スキャン・FAX・コピーが使えるのはもちろん、A3用紙や大容量用紙トレイが使えるブラザーのインクジェット複合機は、自宅やスモールオフィスで仕事をする人におすすめする製品です。

A4インクジェットプリンターなのに、A3対応の複合機を紹介するには理由があり、この複合機はA3出力が可能な製品なのに、原稿の読み取りサイズがA4までと、ちょっとしたトラップがあるからです。

A4サイズの原稿をA3サイズにしてコピーしたりFAXすることができますが、原稿そのものはA4までの対応となりますので一応簡単に紹介します。

ブラザーの複合機はインクジェットなので、家でちょっとした仕事やFAXの送受信を多くするには丁度よい製品です。

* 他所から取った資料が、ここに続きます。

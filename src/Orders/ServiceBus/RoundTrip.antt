-- ===== src/Orders/ServiceBus/RoundTrip.antt =====
-- The body of a message (apps/orders/servicebus.py), read by the consumer.
use swarmscope.Base.{ℕ, ◌≡◌, refl, some, Text, ℤ, pos, Json, num, str, codes}
use swarmscope.Contracts.{OrderPlacedPayloadV1, OrderPlacedV1}
use swarmscope.Contracts.Valid.{IsPayload, IsEvent, build_payload-IsPayload}
use swarmscope.Contracts.Parse.{
  Pydantic, validate_payload, literal_type, literal_version, model_validate_json,
}
use swarmscope.Orders.Messaging.{OutboundEvent}
use swarmscope.Orders.Service.{dump_payload}
use swarmscope.Orders.ServiceBus.{Printer, to_service_bus_message, sort_keys, envelope}

-- What pydantic reads is what Python printed.
pub record ReadsBack (p : Pydantic) (printer : Printer) : Type 0 where
  pub loads : (j : Json) → p.loads (printer.dumps j) ≡ some j
  pub uuid : (n : ℕ) → p.uuid (str (printer.uuid_text n)) ≡ some n
  pub aware_datetime : (t : ℕ) → p.aware_datetime (str (printer.isoformat t)) ≡ some t
  pub int : (z : ℤ) → p.int (num z) ≡ some z

-- the event as it is handed to the publisher
abbrev pub outbound : Printer → OrderPlacedV1 → OutboundEvent
outbound printer e = record {
  event_id = e.event_id;
  event_type = e.event_type;
  event_version = e.event_version;
  occurred_at = e.occurred_at;
  correlation_id = e.correlation_id;
  payload = dump_payload printer.uuid_text e.payload;
}

literal_type_lem : (t : Text) → t ≡ codes "OrderPlaced" → literal_type (some (str t)) ≡ some t
unfolding literal_type
literal_type_lem t h = rw h refl

literal_version_lem : (n : ℕ) → n ≡ 1 → literal_version (some (num (pos n))) ≡ some n
unfolding literal_version
literal_version_lem n h = rw h refl

module _ (p : Pydantic) (printer : Printer) (back : ReadsBack p printer) where
  validate_payload-sort_keys :
      (payload : OrderPlacedPayloadV1)
      → IsPayload p.is_space payload
      → validate_payload p (sort_keys (dump_payload printer.uuid_text payload)) ≡ some payload
  unfolding validate_payload sort_keys
  validate_payload-sort_keys payload valid =
      rw
        (
          back.uuid payload.order_id,
          back.int (pos payload.quantity),
          build_payload-IsPayload p.is_space payload valid,
        )
        refl

  -- What the consumer validates of the body of a valid event's message is that event.
  pub model_validate_json-body :
      (e : OrderPlacedV1)
      → IsEvent p.is_space e
      → model_validate_json p (to_service_bus_message printer (outbound printer e)).body ≡ some e
  unfolding model_validate_json to_service_bus_message
  model_validate_json-body e valid =
      rw
        (
          back.loads (sort_keys (envelope printer (outbound printer e))),
          back.uuid e.event_id,
          literal_type_lem e.event_type valid.literal_type,
          literal_version_lem e.event_version valid.literal_version,
          back.aware_datetime e.occurred_at,
          back.uuid e.correlation_id,
          validate_payload-sort_keys e.payload valid.payload,
        )
        refl
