-- ===== src/Orders/ServiceBus/Wire.antt =====
-- A printer and a reader that meet what apps/orders/servicebus.py relies on, for the examples: a
-- JSON value is written in prefix form, after a bound on its depth.
use swarmscope.Base.{
  ℕ, suc, zero, ◌+◌, ◌≤◌, ◌≡◌, refl, true, false, Option, none, some, [], ◌∷◌, ◌++◌, Text, pos,
  negsuc, Json, null, bool, num, real, str, arr, obj, Items, stop, item, Fields, end, field, length,
  ◌==◌, arith,
}
use swarmscope.Contracts.Parse.{Pydantic, ◌>>=◌}
use swarmscope.Orders.ServiceBus.{Printer}
use swarmscope.Orders.ServiceBus.RoundTrip.{ReadsBack}

unfoldable mutual
  size : Json → ℕ
  size (arr xs) = suc (size_items xs)
  size (obj fs) = suc (size_fields fs)
  size _ = 1

  size_items : Items → ℕ
  size_items stop = 1
  size_items (item x xs) = suc (size x + size_items xs)

  size_fields : Fields → ℕ
  size_fields end = 1
  size_fields (field k v rest) = suc (size v + size_fields rest)

unfoldable mutual
  put : Json → Text → Text
  put null r = 0 ∷ r
  put (bool true) r = 1 ∷ r
  put (bool false) r = 2 ∷ r
  put (num (pos n)) r = 3 ∷ n ∷ r
  put (num (negsuc n)) r = 4 ∷ n ∷ r
  put (real t) r = 5 ∷ length t ∷ (t ++ r)
  put (str t) r = 6 ∷ length t ∷ (t ++ r)
  put (arr xs) r = 7 ∷ put_items xs r
  put (obj fs) r = 8 ∷ put_fields fs r

  put_items : Items → Text → Text
  put_items stop r = 0 ∷ r
  put_items (item x xs) r = 1 ∷ put x (put_items xs r)

  put_fields : Fields → Text → Text
  put_fields end r = 0 ∷ r
  put_fields (field k v rest) r = 1 ∷ length k ∷ (k ++ put v (put_fields rest r))

abbrev split : ℕ → Text → Option (Text × Text)
split zero r = some ([], r)
split (suc n) [] = none
split (suc n) (c ∷ cs) = split n cs >>= (λ (t, r). some (c ∷ t, r))

split-append : (t r : Text) → split (length t) (t ++ r) ≡ some (t, r)
split-append [] r = refl
split-append (c ∷ cs) r = rw (split-append cs r) refl

unfoldable mutual
  take_json : ℕ → Text → Option (Json × Text)
  take_json (suc n) (zero ∷ r) = some (null, r)
  take_json (suc n) ((suc zero) ∷ r) = some (bool true, r)
  take_json (suc n) ((suc (suc zero)) ∷ r) = some (bool false, r)
  take_json (suc n) ((suc (suc (suc zero))) ∷ k ∷ r) = some (num (pos k), r)
  take_json (suc n) ((suc (suc (suc (suc zero)))) ∷ k ∷ r) = some (num (negsuc k), r)
  take_json (suc n) ((suc (suc (suc (suc (suc zero))))) ∷ k ∷ r) =
      split k r >>= (λ (t, s). some (real t, s))
  take_json (suc n) ((suc (suc (suc (suc (suc (suc zero)))))) ∷ k ∷ r) =
      split k r >>= (λ (t, s). some (str t, s))
  take_json (suc n) ((suc (suc (suc (suc (suc (suc (suc zero))))))) ∷ r) =
      take_items n r >>= (λ (xs, s). some (arr xs, s))
  take_json (suc n) ((suc (suc (suc (suc (suc (suc (suc (suc zero)))))))) ∷ r) =
      take_fields n r >>= (λ (fs, s). some (obj fs, s))
  take_json _ _ = none

  take_items : ℕ → Text → Option (Items × Text)
  take_items (suc n) (zero ∷ r) = some (stop, r)
  take_items (suc n) ((suc zero) ∷ r) =
      take_json n r >>= (λ (x, s). take_items n s >>= (λ (xs, u). some (item x xs, u)))
  take_items _ _ = none

  take_fields : ℕ → Text → Option (Fields × Text)
  take_fields (suc n) (zero ∷ r) = some (end, r)
  take_fields (suc n) ((suc zero) ∷ k ∷ r) = split k r >>= (λ (t, s).
      take_json n s >>= (λ (v, u). take_fields n u >>= (λ (fs, w). some (field t v fs, w))))
  take_fields _ _ = none

size-positive : (j : Json) → 1 ≤ size j
unfolding size
size-positive null = omega arith
size-positive (bool b) = omega arith
size-positive (num z) = omega arith
size-positive (real t) = omega arith
size-positive (str t) = omega arith
size-positive (arr xs) = omega arith
size-positive (obj fs) = omega arith

size_items-positive : (xs : Items) → 1 ≤ size_items xs
unfolding size_items
size_items-positive stop = omega arith
size_items-positive (item x xs) = omega arith

size_fields-positive : (fs : Fields) → 1 ≤ size_fields fs
unfolding size_fields
size_fields-positive end = omega arith
size_fields-positive (field k v rest) = omega arith

mutual
  unfolding take_json put size

  take_json-put : (n : ℕ) (j : Json) (r : Text) → size j ≤ n → take_json n (put j r) ≡ some (j, r)
  take_json-put zero j r h = absurd (omega (arith, h, size-positive j))
  take_json-put (suc n) null r h = refl
  take_json-put (suc n) (bool true) r h = refl
  take_json-put (suc n) (bool false) r h = refl
  take_json-put (suc n) (num (pos k)) r h = refl
  take_json-put (suc n) (num (negsuc k)) r h = refl
  take_json-put (suc n) (real t) r h = rw (split-append t r) refl
  take_json-put (suc n) (str t) r h = rw (split-append t r) refl
  take_json-put (suc n) (arr xs) r h = rw (take_items-put n xs r (omega (arith, h))) refl
  take_json-put (suc n) (obj fs) r h = rw (take_fields-put n fs r (omega (arith, h))) refl

  take_items-put :
      (n : ℕ) (xs : Items) (r : Text)
      → size_items xs ≤ n
      → take_items n (put_items xs r) ≡ some (xs, r)
  take_items-put zero xs r h = absurd (omega (arith, h, size_items-positive xs))
  take_items-put (suc n) stop r h = refl
  take_items-put (suc n) (item x xs) r h =
      rw
        (
          take_json-put n x (put_items xs r) (omega (arith, h)),
          take_items-put n xs r (omega (arith, h)),
        )
        refl

  take_fields-put :
      (n : ℕ) (fs : Fields) (r : Text)
      → size_fields fs ≤ n
      → take_fields n (put_fields fs r) ≡ some (fs, r)
  take_fields-put zero fs r h = absurd (omega (arith, h, size_fields-positive fs))
  take_fields-put (suc n) end r h = refl
  take_fields-put (suc n) (field k v rest) r h =
      rw
        (
          split-append k (put v (put_fields rest r)),
          take_json-put n v (put_fields rest r) (omega (arith, h)),
          take_fields-put n rest r (omega (arith, h)),
        )
        refl

abbrev one_number : Json → Option ℕ
one_number (str (n ∷ [])) = some n
one_number _ = none

abbrev loads_prefix : Text → Option Json
loads_prefix [] = none
loads_prefix (n ∷ t) = take_json n t >>= (λ (j, r). some j)

unfoldable pub reader : Pydantic
unfolding take_json
reader = record {
  loads = loads_prefix;
  uuid = one_number;
  aware_datetime = one_number;
  int = λ j. elim j [ num z ↦ some z | _ ↦ none ];
  is_space = λ c. c == 32;
}

unfoldable pub printer : Printer
unfolding size put
printer = record {
  dumps = λ j. size j ∷ put j [];
  uuid_text = λ n. n ∷ [];
  isoformat = λ n. n ∷ [];
}

pub printer-ReadsBack : ReadsBack reader printer
unfolding reader printer
printer-ReadsBack = record {
  loads = λ j. rw (take_json-put (size j) j [] (omega arith)) refl;
  uuid = λ n. refl;
  aware_datetime = λ t. refl;
  int = λ z. refl;
}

ただし、どのメーカーの複合機はインクのメンテナンスボックスの交換という罠があるので、インクジェット複合機は使い捨て感覚でお使いになるのが一番です。

A4のインクジェットプリンターと比べるとかなり大きいですが、ブラザーの複合機がセットアップや使い勝手などをトータルで考えると、最も使いやすいという印象でした。

こちらは大容量の用紙トレイが2段ついている製品ですが、高さがある分存在感を感じてしまいます。

大容量用紙トレイが1段モデルになると少し控えめな存在になりますので、設置スペースの高さや見た目の大きさが気になる方は、こちらの製品をお選びください。

電話機の子機が付属していないモデルもありますが、FAX対応製品であれば電話線の差込口がついていますので、外付けで受話器を取り付けることもできます。